Oggi è l'ultimo giorno per rispondere alla Commissione Europea che chiede di modificare la legge di bilancio: il governo dovrà decidere se cercare di mediare o andare allo scontro totale

Il ministro dell'Economia Giovanni Tria (sinistra) e il Commissario agli Affari economici Pierre Moscovici (AP Photo/Gregorio Borgia)
Il ministro dell'Economia Giovanni Tria (sinistra) e il Commissario agli Affari economici Pierre Moscovici (AP Photo/Gregorio Borgia)

Entro la mezzanotte il governo italiano dovrà decidere se fare delle concessioni alla Commissione Europea che ha chiesto di modificare la legge di bilancio oppure se procedere sulla strada che probabilmente porterà a un nuovo scontro con le autorità europee. La decisione sarà presa nel tardo pomeriggio, quando il ministro dell’Economia Giovanni Tria, favorevole a trattare, si incontrerà con il presidente del Consiglio Giuseppe Conte e con i capi della maggioranza Luigi Di Maio e Matteo Salvini, i quali hanno fatto sapere di non essere molto inclini a fare concessioni.

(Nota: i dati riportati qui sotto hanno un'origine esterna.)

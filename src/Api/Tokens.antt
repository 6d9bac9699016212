-- ===== src/Api/Tokens.antt =====
-- `createTokenHandler` of internal/api/tokens.go.
pub mod Lifetime
pub mod Created
use hambo.Base.{
  ℕ, ◌+◌, ◌*◌, ◌<>◌, String, Bool, true, false, not, ◌||◌, List, [], ◌∷◌, Option, none, some,
  Result, ok, err, Error, failure, if◌then◌else◌, ◌==◌, leb, ltb, ◌>>=◌,
}
use hambo.Base.Int.{ℤ, pos, negsuc}
use hambo.Store.{Table}
use hambo.Store.Tx.{Faults, write_tx}
use hambo.Model.Node.{second}
use hambo.Model.Token.{Metadata}
use hambo.Model.Database.{Database, Collections}
use hambo.Pki.{minute}
use hambo.Token.{Token, format, generate}
use hambo.Api.Http.{
  Response, Incoming, Reading, read, answered, read_json, write_json, write_error_json,
  write_validation_error_json, CreateTokenResponse, token_created,
}

abbrev pub default_token_ttl : ℕ
default_token_ttl = 15 * minute

abbrev pub max_token_ttl : ℕ
max_token_ttl = 86400 * second

-- `ttl <= 0 || ttl > maxTokenTTL`, or the lifetime.
unfoldable pub lifetime : ℤ → Option ℕ
lifetime (negsuc n) = none
lifetime (pos n) = if leb n 0 || ltb max_token_ttl n then none else some n

abbrev bad_duration : Response
bad_duration = write_validation_error_json (("ttl", "must be a duration such as 15m or 1h") ∷ [])

abbrev bad_ttl : Response
bad_ttl =
    write_validation_error_json (("ttl", "must be greater than zero and no more than 24h") ∷ [])

abbrev not_created : Response
not_created = write_error_json 500 "could not create token"

-- `parse_duration` is `time.ParseDuration`, and `secret_hash` the digest of a secret in hexadecimal.
module _ {N C T : Type 0} (c : Collections N C T) (parse_duration : String → Option ℤ)
    (secret_hash : String → String) where
  -- The collection's `Create`, which reads and writes the tokens alone.
  unfoldable pub create_token_tx : String → ℕ → Database N C T → Result (Unit {0} × Database N C T)
  create_token_tx secret expires_at db = do
    tokens ←
        c.tokens.create_tx (secret_hash secret)
          (record { expires_at = expires_at; enrollment = none }) db.tokens
    ok (tt, record db { tokens = tokens })

  conclude : Token → ℕ → Result (Unit {0}) × Database N C T → Response × Database N C T
  conclude t expires_at (err e, db) = (not_created, db)
  conclude t expires_at (ok u, db) =
      let response : CreateTokenResponse = record { token = format t; expires_at = expires_at } in
      (record (write_json 201 (token_created response)) { no_store = true }, db)

  store_token : Faults → ℕ → Result Token → Option ℕ → Database N C T → Response × Database N C T
  unfolding conclude format create_token_tx
  store_token f now generated none db = (bad_ttl, db)
  store_token f now (err e) (some ttl) db = (not_created, db)
  store_token f now (ok t) (some ttl) db =
      conclude t (now + ttl) (write_tx f (create_token_tx t.secret (now + ttl)) db)

  with_duration : Faults → ℕ → Result Token → Option ℤ → Database N C T → Response × Database N C T
  unfolding store_token lifetime
  with_duration f now generated none db = (bad_duration, db)
  with_duration f now generated (some d) db = store_token f now generated (lifetime d) db

  handle : Faults → ℕ → Result Token → Reading String → Database N C T → Response × Database N C T
  unfolding with_duration
  handle f now generated (answered r) db = (r, db)
  handle f now generated (read ttl) db =
      with_duration f now generated
        (if ttl == "" then some (pos default_token_ttl) else parse_duration ttl) db

  -- The request is the text of its field `ttl`, empty if it has none; `generated` is what
  -- `Generate` of Token.antt gives for the CA.
  unfoldable pub create_token_handler :
      Faults → ℕ → Result Token → Incoming String → Database N C T → Response × Database N C T
  unfolding handle
  create_token_handler f now generated i db = handle f now generated (read_json i) db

Il problema è che la legge di bilancio viola in maniera plateale numerose regole di bilancio europee e il governo non ha fatto quasi nessun tentativo di trovare una mediazione. La Commissione Europea, che è incaricata di farle rispettare, ha fatto numerose contestazioni alla legge di bilancio italiana, la più grave delle quali è che non porterà a una riduzione dell’enorme debito pubblico italiano, ma anzi, con ogni probabilità lo farà aumentare. Per questa ragione, la Commissione ha minacciato di aprire nei confronti dell’Italia una “procedura per debito eccessivo” che nel peggiore dei casi potrebbe concludersi con una serie di sanzioni economiche nei confronti del nostro paese. Ma la Commissione contesta anche il deficit previsto dalla legge, perché troppo alto, e le previsioni macroeconomiche contenute nei documenti governativi, perché troppo ottimiste.

Il governo, infatti, ha scritto che il deficit sarà il 2,4 per cento del PIL, il triplo di quanto era stato promesso dal governo precedente, mentre la crescita economica, sostiene, raggiungerà l’1,5 per cento nel corso del 2019. Secondo la Commissione invece il deficit arriverà al 2,9 per cento, poco sotto il limite massimo del 3 per cento stabilito dai trattati europei, mentre la crescita non sarà superiore all’1,2 per cento. Il governo, compreso il ministro dell’Economia Tria, ha contestato queste stime, accusandole di essere troppo pessimistiche.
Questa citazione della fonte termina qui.